Dangerous potholes on KY Route 8 draw attention, repairs in Ludlow

"Thank you so much for gathering these locations," KYTC told the mayor in a written response. "I've put them into our database for our maintenance crews to address as they're able to. I've asked the maintenance supervisor to review and make the necessary repairs to improve road conditions."

Maintenance crews were on KY 8 Thursday patching some of the roadway's worst potholes after the locations were elevated on the agency's maintenance priority list. Some rough spots remain, including under the train bridge leaving Ludlow for Covington.

For residents like William McGuire, who has lived along Route 8 for about two decades and rides his motorcycle on the road every day, the repairs are welcome — but unlikely to solve what he believes is a much larger problem.

"I dodge them. That's all I do all day — dodge potholes," McGuire said.

He said the deteriorating pavement forces drivers, especially motorcyclists, to weave around holes and broken pavement, sometimes into opposing traffic.

"I've had close calls on this road every time I ride it," McGuire said. "Every time. I'm just dodging cars going around stuff, and I go around stuff, and you just hope you don't meet."

McGuire said he believes temporary pothole repairs provide only short-term relief.

"They patch them. Within a week, that's not going to be there. That's all coming right back out," he said. "They can't maintain the road. There's no way because as soon as they pave them, within six months they got potholes, you know, and they spend all that money. They're not going to come through."

Instead, McGuire said the roadway needs more extensive reconstruction before being resurfaced.

"You've got to go through and restructure it all, and then pave it.
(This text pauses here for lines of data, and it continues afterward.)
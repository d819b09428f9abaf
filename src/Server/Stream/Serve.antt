-- ===== src/Server/Stream/Serve.antt =====
-- A request succeeds, and its client goes on working (Src/Server/Server.cpp).
use p2pchat.Prelude.{ℕ, ◌^◌, ◌<◌, ◌≤◌, ◌≡◌, refl, ◌∙◌, ap, ◌==◌, some, length, Bool-cases, inl, inr}
use p2pchat.Outcome.{modify}
use p2pchat.IniFile.{AString}
use p2pchat.Session.{ClientHandle}
use p2pchat.Session.Sending.{forward_media, forward_media_msg, handle_keep_alive}
use p2pchat.Session.Cores.{forward_media-Same, forward_media_msg-Same, keep_alive-Same}
use p2pchat.Session.Sent.{Sent-IsFit}
use p2pchat.Server.{Server, find_client, server_forward_media, server_forward_media_msg}
use p2pchat.Server.Clients.{cores, first_with-Same, found-same}
use p2pchat.Server.Served.{AreFit, Suits, Serves, on_client-Serves}
use p2pchat.Server.Forward.{forward_media-Sent, forward_media_msg-Sent}
use p2pchat.Server.Stream.{Request, keep_alive, media, media_msg, IsRequest, serve}

-- The client is working, and every packet can be sent to every client.
pub record IsWorking (id : ℕ) (s : Server) : Type 0 where
  pub fit : AreFit s
  pub numbered : id < 2 ^ 32
  pub client : ClientHandle
  pub found : find_client id s.clients ≡ some client
  pub working : client.protocol.state ≡ 3

forward_media-Suits :
    (from_id type : ℕ) → from_id < 2 ^ 32 → type < 2 ^ 32 → Suits (forward_media from_id type)
unfolding forward_media
forward_media-Suits from_id type hf ht c fit =
    let (answer, s) = forward_media-Sent from_id type c fit.ready hf ht in
    (answer, Sent-IsFit _ c _ s fit)

forward_media_msg-Suits :
    (from_id : ℕ) (msg : AString)
    → from_id < 2 ^ 32
    → length msg ≤ 65000
    → Suits (forward_media_msg from_id msg)
forward_media_msg-Suits from_id msg hf hm c fit =
    let (answer, s) = forward_media_msg-Sent from_id msg c fit.ready hf hm in
    (answer, Sent-IsFit _ c _ s fit)

keep_alive-Suits : (now n : ℕ) → Suits (modify (handle_keep_alive now n))
unfolding handle_keep_alive
keep_alive-Suits now n c fit = elim (Bool-cases (n == c.ping_id)) [
  | inl e ↦ (
    refl,
    rw e (record {
      ready = record { out = fit.ready.out; len = fit.ready.len };
      named = fit.named;
      numbered = fit.numbered;
    }),
  )
  | inr e ↦ (refl, rw e fit)
]

pub serve-Serves :
    (now id : ℕ) (q : Request) (s : Server)
    → id < 2 ^ 32
    → IsRequest q
    → AreFit s
    → Serves s (serve now id q s)
unfolding server_forward_media server_forward_media_msg
serve-Serves now id (keep_alive n) s hid h fit =
    on_client-Serves id (modify (handle_keep_alive now n)) s (keep_alive-Suits now n) fit
serve-Serves now id (media to_id type) s hid (ht, hy) fit =
    on_client-Serves to_id (forward_media id type) s (forward_media-Suits id type hid hy) fit
serve-Serves now id (media_msg to_id msg) s hid (ht, hm) fit =
    on_client-Serves to_id (forward_media_msg id msg) s (forward_media_msg-Suits id msg hid hm) fit

serve-same :
    (now id : ℕ) (q : Request) (s : Server) → cores (serve now id q s).1.clients ≡ cores s.clients
unfolding server_forward_media server_forward_media_msg
serve-same now id (keep_alive n) s =
    first_with-Same id (modify (handle_keep_alive now n)) s.clients (keep_alive-Same now n)
serve-same now id (media to_id type) s =
    first_with-Same to_id (forward_media id type) s.clients (forward_media-Same id type)
serve-same now id (media_msg to_id msg) s =
    first_with-Same to_id (forward_media_msg id msg) s.clients (forward_media_msg-Same id msg)

pub serve-IsWorking :
    (now id : ℕ) (q : Request) (s : Server)
    → IsRequest q
    → IsWorking id s
    → IsWorking id (serve now id q s).1
serve-IsWorking now id q s h w =
    let (client, found, same) =
      found-same id s.clients _ w.client w.found (serve-same now id q s) in
    record {
      fit = (serve-Serves now id q s w.numbered h w.fit).fit;
      numbered = w.numbered;
      client = client;
      found = found;
      working = ap (λ k. k.protocol_state) same ∙ w.working;
    }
It might help," McGuire said.

Thompson acknowledged that KY 8 is not currently scheduled for resurfacing, but said the community's feedback helped move maintenance concerns forward.

"This is exactly why community involvement matters," Thompson wrote in a social media post after hearing back from KYTC. "While Route 8 is not currently scheduled for resurfacing, your reports have helped prioritize these locations for maintenance review."

She encouraged residents to continue reporting additional potholes and roadway hazards so she can share them directly with transportation officials.

KYTC said it addresses roadway concerns as resources allow and confirmed crews were able to repair several reported locations after receiving the mayor's list.

You can report road hazards that need attention on KYTC's online portal.

The agency said KY 8 was not selected for resurfacing this year because state highways are evaluated annually, ranked by priority and funded according to available state dollars.

For McGuire, who said increasing traffic and heavy trucks continue to take a toll on the roadway, the latest repairs are a step in the right direction — but not the finish line.

"At least someone's trying," he said. "I give them that. That's more than what they usually do."